[Information supplied — start]
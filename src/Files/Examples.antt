-- ===== src/Files/Examples.antt =====
-- A library whose certificates are byte strings, and a resource that is stored.
use cert_vault.Prelude.{String, ◌≡◌, refl, some, [], ◌∷◌}
use cert_vault.Prelude.Outcome.{ok}
use cert_vault.Prelude.Dict.{Dict}
use cert_vault.Certificates.{Version}
use cert_vault.Artifacts.{
  Bytes, bytes_of, Resource, trim_space, has_prefix, normalize_certificate_artifacts,
  parse_certificate_pem, Artifacts, artifacts_of,
}
use cert_vault.Drift.{ecdsa}
use cert_vault.Vault.{Gcm}
use cert_vault.Files.{sound, X509, Library, Storage, normalized, save}
use cert_vault.Files.Stored.{IsLawful, Reads, read_file-save}

abbrev glue : String → String → String
glue String.[] name = name
glue (String.◌∷◌ c dir) name = String.◌∷◌ c (glue dir name)

glue_injective : (dir a b : String) → glue dir a ≡ glue dir b → a ≡ b
glue_injective String.[] a b h = h
glue_injective (String.◌∷◌ c dir) a b h = glue_injective dir a b (cc h)

abbrev plain_gcm : Gcm
plain_gcm = record {
  nonce_size = 2;
  seal = λ nonce plaintext. plaintext;
  unseal = λ nonce ciphertext. ok ciphertext;
}

abbrev pub library : Library
library = record {
  parse_certificate = λ bytes. ok (record {
    raw = bytes;
    key = ecdsa 256;
    serial = "1";
    issuer = "ca";
    not_before = 0;
    not_after = 100;
    dns_names = "a.example.com" ∷ [];
  });
  decode = λ bytes. some (record { kind = "CERTIFICATE"; headers = 0; bytes = 65 ∷ [] }, []);
  encode = λ bytes. 45 ∷ bytes;
  json = λ v. 1 ∷ [];
  fingerprint = λ bytes. "f";
  format = λ now. "20260101";
  join = λ dir name. glue (glue dir "/") name;
  decimal = λ n. "";
  new_gcm = λ key. ok plain_gcm;
  read_random = λ n. ok (7 ∷ 8 ∷ []);
  arrange = λ dict. dict;
  artifact_text = λ e. "artifacts";
}

abbrev pub storage : Storage
storage = record { data_dir = "/data"; master_key = 1 ∷ [] }

abbrev pub resource : Resource
resource = record {
  certificate = bytes_of "-----BEGIN CERTIFICATE-----A";
  issuer_certificate = [];
  private_key = 9 ∷ [];
}

library-IsLawful : IsLawful library
library-IsLawful = record {
  join_injective = λ dir a b i j h. glue_injective (glue dir "/") a b h;
  arrange-lookup = λ dict key. refl;
  arrange-IsDistinct = λ dict d. d;
  arrange-All = λ names dict h. h;
}

abbrev artifacts :
    Artifacts X509 (λ c. c.raw) library.parse_certificate library.decode library.encode
artifacts =
    artifacts_of X509 (λ c. c.raw) library.parse_certificate library.decode library.encode
      (record {
        raw = 65 ∷ [];
        key = ecdsa 256;
        serial = "1";
        issuer = "ca";
        not_before = 0;
        not_after = 100;
        dns_names = "a.example.com" ∷ [];
      })
      []

resource_normalized : normalized library storage (some resource) ≡ ok artifacts
unfolding normalized normalize_certificate_artifacts parse_certificate_pem trim_space has_prefix
    artifacts_of
resource_normalized = refl

read_file-save_example :
    (v : Version) × (after : Dict Bytes) × (save library storage "site" (some resource) 5 (sound [])
      ≡ (ok v, sound after))
    × Reads library storage library-IsLawful v (sound after) artifacts (9 ∷ [])
read_file-save_example =
    read_file-save library storage library-IsLawful "site" resource 5 [] artifacts plain_gcm
      (7 ∷ 8 ∷ []) resource_normalized refl refl (refl, (λ plaintext. refl))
[Information supplied — finish]
§ Activity: The required output is the lines from the one holding "artifacts (9 ∷ [])" through the last line of the entries above, copied exactly.

§ Response:
    × Reads library storage library-IsLawful v (sound after) artifacts (9 ∷ [])
read_file-save_example =
    read_file-save library storage library-IsLawful "site" resource 5 [] artifacts plain_gcm
      (7 ∷ 8 ∷ []) resource_normalized refl refl (refl, (λ plaintext. refl))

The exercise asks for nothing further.